Segment Open

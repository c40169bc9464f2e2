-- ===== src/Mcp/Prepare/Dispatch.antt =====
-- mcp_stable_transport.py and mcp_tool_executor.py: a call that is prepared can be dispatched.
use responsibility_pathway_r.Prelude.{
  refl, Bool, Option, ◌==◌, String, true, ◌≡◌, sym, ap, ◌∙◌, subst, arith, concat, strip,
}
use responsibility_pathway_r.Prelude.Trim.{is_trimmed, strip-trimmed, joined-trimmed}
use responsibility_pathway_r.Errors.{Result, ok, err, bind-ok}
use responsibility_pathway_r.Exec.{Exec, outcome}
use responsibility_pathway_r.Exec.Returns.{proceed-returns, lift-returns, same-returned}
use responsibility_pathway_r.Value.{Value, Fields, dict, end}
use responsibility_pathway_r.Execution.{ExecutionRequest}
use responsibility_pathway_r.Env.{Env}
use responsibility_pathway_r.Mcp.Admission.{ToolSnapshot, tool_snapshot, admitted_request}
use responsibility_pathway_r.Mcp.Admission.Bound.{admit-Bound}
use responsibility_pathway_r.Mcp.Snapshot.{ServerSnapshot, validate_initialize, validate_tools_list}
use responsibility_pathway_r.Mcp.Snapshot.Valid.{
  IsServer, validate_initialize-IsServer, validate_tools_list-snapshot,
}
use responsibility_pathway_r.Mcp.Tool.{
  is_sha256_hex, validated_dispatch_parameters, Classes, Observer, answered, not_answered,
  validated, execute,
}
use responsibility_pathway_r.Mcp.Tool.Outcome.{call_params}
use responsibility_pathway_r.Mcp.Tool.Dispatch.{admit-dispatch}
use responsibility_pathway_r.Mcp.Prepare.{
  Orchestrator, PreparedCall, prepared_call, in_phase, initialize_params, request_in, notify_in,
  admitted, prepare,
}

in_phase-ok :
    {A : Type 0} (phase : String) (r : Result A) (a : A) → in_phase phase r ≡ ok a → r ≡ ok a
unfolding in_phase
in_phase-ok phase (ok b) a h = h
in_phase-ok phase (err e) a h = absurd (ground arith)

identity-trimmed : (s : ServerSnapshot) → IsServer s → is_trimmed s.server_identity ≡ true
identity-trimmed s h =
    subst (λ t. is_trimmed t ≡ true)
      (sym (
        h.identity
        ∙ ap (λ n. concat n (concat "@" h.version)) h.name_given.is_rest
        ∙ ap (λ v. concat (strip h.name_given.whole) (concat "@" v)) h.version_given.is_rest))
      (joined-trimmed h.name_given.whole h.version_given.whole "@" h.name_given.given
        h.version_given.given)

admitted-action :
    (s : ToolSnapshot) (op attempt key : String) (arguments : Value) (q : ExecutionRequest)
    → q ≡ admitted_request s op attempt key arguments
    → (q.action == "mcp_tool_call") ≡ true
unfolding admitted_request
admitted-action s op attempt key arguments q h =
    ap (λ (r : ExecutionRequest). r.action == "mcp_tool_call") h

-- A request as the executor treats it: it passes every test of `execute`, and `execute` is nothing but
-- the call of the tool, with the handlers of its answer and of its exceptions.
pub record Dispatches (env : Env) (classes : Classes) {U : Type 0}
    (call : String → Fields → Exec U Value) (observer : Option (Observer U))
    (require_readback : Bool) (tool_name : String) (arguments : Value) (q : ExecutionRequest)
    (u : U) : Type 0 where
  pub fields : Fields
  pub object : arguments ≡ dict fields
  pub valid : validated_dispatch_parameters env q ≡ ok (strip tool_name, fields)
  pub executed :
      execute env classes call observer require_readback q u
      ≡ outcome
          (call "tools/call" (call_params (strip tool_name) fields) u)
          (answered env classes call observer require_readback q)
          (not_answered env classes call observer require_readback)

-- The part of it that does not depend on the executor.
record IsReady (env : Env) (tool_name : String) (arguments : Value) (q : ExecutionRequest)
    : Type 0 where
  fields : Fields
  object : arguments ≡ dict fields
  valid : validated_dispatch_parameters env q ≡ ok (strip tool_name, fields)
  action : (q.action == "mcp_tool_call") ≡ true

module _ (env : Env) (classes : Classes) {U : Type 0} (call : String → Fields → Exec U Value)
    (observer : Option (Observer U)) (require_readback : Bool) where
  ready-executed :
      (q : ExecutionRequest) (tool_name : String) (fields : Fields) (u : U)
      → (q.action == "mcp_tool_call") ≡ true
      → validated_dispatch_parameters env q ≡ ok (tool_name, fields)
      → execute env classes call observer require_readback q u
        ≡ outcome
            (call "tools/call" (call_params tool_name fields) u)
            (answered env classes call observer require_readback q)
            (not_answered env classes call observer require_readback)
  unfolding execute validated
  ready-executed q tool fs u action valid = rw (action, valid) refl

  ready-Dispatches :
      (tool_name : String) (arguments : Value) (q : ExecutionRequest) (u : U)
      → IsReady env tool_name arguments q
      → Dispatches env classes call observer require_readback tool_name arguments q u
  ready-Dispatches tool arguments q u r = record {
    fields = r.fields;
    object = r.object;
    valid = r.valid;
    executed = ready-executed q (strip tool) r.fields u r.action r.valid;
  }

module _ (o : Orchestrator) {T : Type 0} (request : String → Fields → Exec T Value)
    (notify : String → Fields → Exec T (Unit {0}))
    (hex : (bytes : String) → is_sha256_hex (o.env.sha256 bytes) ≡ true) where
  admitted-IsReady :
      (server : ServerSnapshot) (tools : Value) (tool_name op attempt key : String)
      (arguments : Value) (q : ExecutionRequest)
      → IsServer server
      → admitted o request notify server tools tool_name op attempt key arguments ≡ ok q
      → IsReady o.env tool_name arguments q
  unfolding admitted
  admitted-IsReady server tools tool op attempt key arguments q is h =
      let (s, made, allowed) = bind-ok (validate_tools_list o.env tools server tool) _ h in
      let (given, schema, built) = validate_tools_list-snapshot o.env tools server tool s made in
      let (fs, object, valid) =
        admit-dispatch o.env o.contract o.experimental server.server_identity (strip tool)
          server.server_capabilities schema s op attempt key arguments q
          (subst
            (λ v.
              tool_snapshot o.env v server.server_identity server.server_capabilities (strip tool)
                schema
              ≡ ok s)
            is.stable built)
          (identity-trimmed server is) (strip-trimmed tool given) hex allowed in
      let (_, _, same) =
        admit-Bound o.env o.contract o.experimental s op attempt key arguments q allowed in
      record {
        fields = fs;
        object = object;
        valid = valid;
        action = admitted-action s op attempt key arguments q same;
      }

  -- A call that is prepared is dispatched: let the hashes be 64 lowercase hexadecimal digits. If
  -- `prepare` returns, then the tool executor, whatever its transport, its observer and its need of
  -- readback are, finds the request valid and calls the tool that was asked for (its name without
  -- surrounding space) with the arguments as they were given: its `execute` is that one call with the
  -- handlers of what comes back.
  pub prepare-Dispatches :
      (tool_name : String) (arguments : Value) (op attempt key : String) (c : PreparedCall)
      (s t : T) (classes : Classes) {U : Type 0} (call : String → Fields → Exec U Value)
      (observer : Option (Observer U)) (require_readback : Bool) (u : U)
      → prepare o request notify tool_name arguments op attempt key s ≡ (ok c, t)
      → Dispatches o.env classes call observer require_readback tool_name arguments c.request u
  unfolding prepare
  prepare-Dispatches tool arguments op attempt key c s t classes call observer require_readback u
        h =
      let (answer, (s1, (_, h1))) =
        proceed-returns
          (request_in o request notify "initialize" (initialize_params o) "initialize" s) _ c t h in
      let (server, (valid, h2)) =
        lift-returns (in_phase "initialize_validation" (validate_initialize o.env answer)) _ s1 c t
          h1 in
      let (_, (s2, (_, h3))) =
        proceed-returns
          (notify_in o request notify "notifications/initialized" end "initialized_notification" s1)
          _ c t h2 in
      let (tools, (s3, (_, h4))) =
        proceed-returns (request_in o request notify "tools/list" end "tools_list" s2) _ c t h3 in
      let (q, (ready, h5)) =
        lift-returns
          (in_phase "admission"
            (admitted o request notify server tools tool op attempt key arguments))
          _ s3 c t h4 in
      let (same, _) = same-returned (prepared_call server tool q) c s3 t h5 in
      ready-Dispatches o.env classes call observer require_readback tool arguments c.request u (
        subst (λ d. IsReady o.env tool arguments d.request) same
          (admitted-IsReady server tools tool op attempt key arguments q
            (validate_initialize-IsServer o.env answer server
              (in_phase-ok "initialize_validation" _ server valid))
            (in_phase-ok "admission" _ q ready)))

Segment Closed
Segment Open

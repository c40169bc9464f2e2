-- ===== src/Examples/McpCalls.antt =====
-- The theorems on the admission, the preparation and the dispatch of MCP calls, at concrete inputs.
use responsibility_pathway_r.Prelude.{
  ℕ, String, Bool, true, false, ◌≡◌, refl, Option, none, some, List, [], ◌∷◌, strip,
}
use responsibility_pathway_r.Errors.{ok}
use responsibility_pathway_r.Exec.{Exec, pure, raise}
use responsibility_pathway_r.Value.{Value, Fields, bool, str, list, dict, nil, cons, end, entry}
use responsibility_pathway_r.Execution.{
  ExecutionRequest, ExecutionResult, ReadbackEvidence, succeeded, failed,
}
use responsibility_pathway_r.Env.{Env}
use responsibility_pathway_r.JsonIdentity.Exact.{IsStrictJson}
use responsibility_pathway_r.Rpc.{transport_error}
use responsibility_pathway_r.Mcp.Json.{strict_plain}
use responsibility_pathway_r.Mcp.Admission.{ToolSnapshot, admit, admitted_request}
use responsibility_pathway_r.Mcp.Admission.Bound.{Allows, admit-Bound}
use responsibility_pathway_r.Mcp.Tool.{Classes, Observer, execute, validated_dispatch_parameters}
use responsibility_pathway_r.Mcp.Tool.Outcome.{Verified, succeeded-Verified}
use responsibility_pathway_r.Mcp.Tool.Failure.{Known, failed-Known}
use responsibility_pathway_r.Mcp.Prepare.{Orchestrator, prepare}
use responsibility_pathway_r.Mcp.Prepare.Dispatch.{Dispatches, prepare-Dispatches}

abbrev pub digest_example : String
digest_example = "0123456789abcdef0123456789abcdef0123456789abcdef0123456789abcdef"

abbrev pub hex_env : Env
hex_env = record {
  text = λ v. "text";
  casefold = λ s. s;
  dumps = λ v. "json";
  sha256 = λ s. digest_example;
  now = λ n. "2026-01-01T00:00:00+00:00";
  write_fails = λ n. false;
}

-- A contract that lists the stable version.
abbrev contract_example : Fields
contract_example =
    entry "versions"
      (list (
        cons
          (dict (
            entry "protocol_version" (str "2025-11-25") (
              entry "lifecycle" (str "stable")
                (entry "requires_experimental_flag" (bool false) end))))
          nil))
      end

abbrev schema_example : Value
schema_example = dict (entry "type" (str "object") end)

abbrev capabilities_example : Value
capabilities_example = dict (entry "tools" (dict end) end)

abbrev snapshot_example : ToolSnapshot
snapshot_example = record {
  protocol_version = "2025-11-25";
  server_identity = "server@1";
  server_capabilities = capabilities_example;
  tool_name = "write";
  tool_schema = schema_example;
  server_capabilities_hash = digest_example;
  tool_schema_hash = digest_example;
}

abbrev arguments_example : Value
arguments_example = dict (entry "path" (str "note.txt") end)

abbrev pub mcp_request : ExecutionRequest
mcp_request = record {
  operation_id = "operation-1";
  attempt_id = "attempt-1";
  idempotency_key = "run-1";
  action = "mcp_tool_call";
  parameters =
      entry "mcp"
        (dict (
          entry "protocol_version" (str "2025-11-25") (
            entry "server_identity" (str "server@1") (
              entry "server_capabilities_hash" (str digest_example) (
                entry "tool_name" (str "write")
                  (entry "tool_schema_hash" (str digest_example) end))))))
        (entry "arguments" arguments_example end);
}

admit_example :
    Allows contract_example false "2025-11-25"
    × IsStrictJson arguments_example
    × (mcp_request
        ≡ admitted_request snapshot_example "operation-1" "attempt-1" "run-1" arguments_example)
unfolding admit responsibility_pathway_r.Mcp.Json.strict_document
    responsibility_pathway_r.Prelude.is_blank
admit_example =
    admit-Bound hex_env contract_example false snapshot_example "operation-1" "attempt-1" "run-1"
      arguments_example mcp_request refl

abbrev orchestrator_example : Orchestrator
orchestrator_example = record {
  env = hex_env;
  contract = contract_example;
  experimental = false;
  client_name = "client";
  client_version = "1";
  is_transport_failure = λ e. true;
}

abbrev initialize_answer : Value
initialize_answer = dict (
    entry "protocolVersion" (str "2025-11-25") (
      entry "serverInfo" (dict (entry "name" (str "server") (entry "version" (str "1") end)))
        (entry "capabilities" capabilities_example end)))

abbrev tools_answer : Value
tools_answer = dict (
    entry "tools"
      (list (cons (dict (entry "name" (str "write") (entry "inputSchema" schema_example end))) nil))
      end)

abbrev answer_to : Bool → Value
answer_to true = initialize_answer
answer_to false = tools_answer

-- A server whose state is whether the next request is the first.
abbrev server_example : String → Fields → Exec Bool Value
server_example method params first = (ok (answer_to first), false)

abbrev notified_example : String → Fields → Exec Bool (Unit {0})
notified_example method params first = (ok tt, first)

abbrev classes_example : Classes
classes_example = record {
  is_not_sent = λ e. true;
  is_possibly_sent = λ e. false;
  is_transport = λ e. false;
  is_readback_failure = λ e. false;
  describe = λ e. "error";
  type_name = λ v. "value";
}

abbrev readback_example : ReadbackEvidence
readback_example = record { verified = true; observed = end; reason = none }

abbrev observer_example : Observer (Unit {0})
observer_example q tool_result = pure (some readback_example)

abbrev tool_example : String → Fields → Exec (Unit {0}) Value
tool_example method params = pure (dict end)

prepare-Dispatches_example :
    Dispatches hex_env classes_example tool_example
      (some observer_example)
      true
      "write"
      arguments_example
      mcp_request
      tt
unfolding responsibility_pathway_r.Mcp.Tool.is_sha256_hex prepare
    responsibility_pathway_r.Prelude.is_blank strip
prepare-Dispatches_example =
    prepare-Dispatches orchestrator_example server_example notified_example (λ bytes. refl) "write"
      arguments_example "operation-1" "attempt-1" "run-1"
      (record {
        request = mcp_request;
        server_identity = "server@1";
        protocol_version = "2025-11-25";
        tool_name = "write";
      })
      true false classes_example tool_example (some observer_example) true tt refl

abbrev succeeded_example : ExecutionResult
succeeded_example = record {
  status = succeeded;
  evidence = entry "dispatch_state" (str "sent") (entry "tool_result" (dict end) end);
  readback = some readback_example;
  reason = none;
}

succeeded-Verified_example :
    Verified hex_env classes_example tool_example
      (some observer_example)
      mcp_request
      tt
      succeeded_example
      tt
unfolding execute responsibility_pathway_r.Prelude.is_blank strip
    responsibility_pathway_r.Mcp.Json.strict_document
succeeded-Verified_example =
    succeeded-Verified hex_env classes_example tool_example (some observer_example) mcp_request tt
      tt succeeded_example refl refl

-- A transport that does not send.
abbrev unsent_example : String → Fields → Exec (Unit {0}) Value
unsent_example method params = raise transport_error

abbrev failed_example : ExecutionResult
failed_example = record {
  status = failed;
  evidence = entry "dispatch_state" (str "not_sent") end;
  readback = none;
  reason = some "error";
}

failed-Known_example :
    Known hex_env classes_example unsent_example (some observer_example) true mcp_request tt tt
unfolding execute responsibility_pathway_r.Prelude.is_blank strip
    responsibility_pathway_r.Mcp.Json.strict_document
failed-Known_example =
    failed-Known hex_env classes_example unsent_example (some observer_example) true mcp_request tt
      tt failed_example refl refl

Segment Closed

[WORK ORDER] Among the records above, find the lines where the word "operation" appears and copy them.

[ANSWER TO THE PROBLEM]
  operation_id = "operation-1";
        ≡ admitted_request snapshot_example "operation-1" "attempt-1" "run-1" arguments_example)
    admit-Bound hex_env contract_example false snapshot_example "operation-1" "attempt-1" "run-1"
      arguments_example "operation-1" "attempt-1" "run-1"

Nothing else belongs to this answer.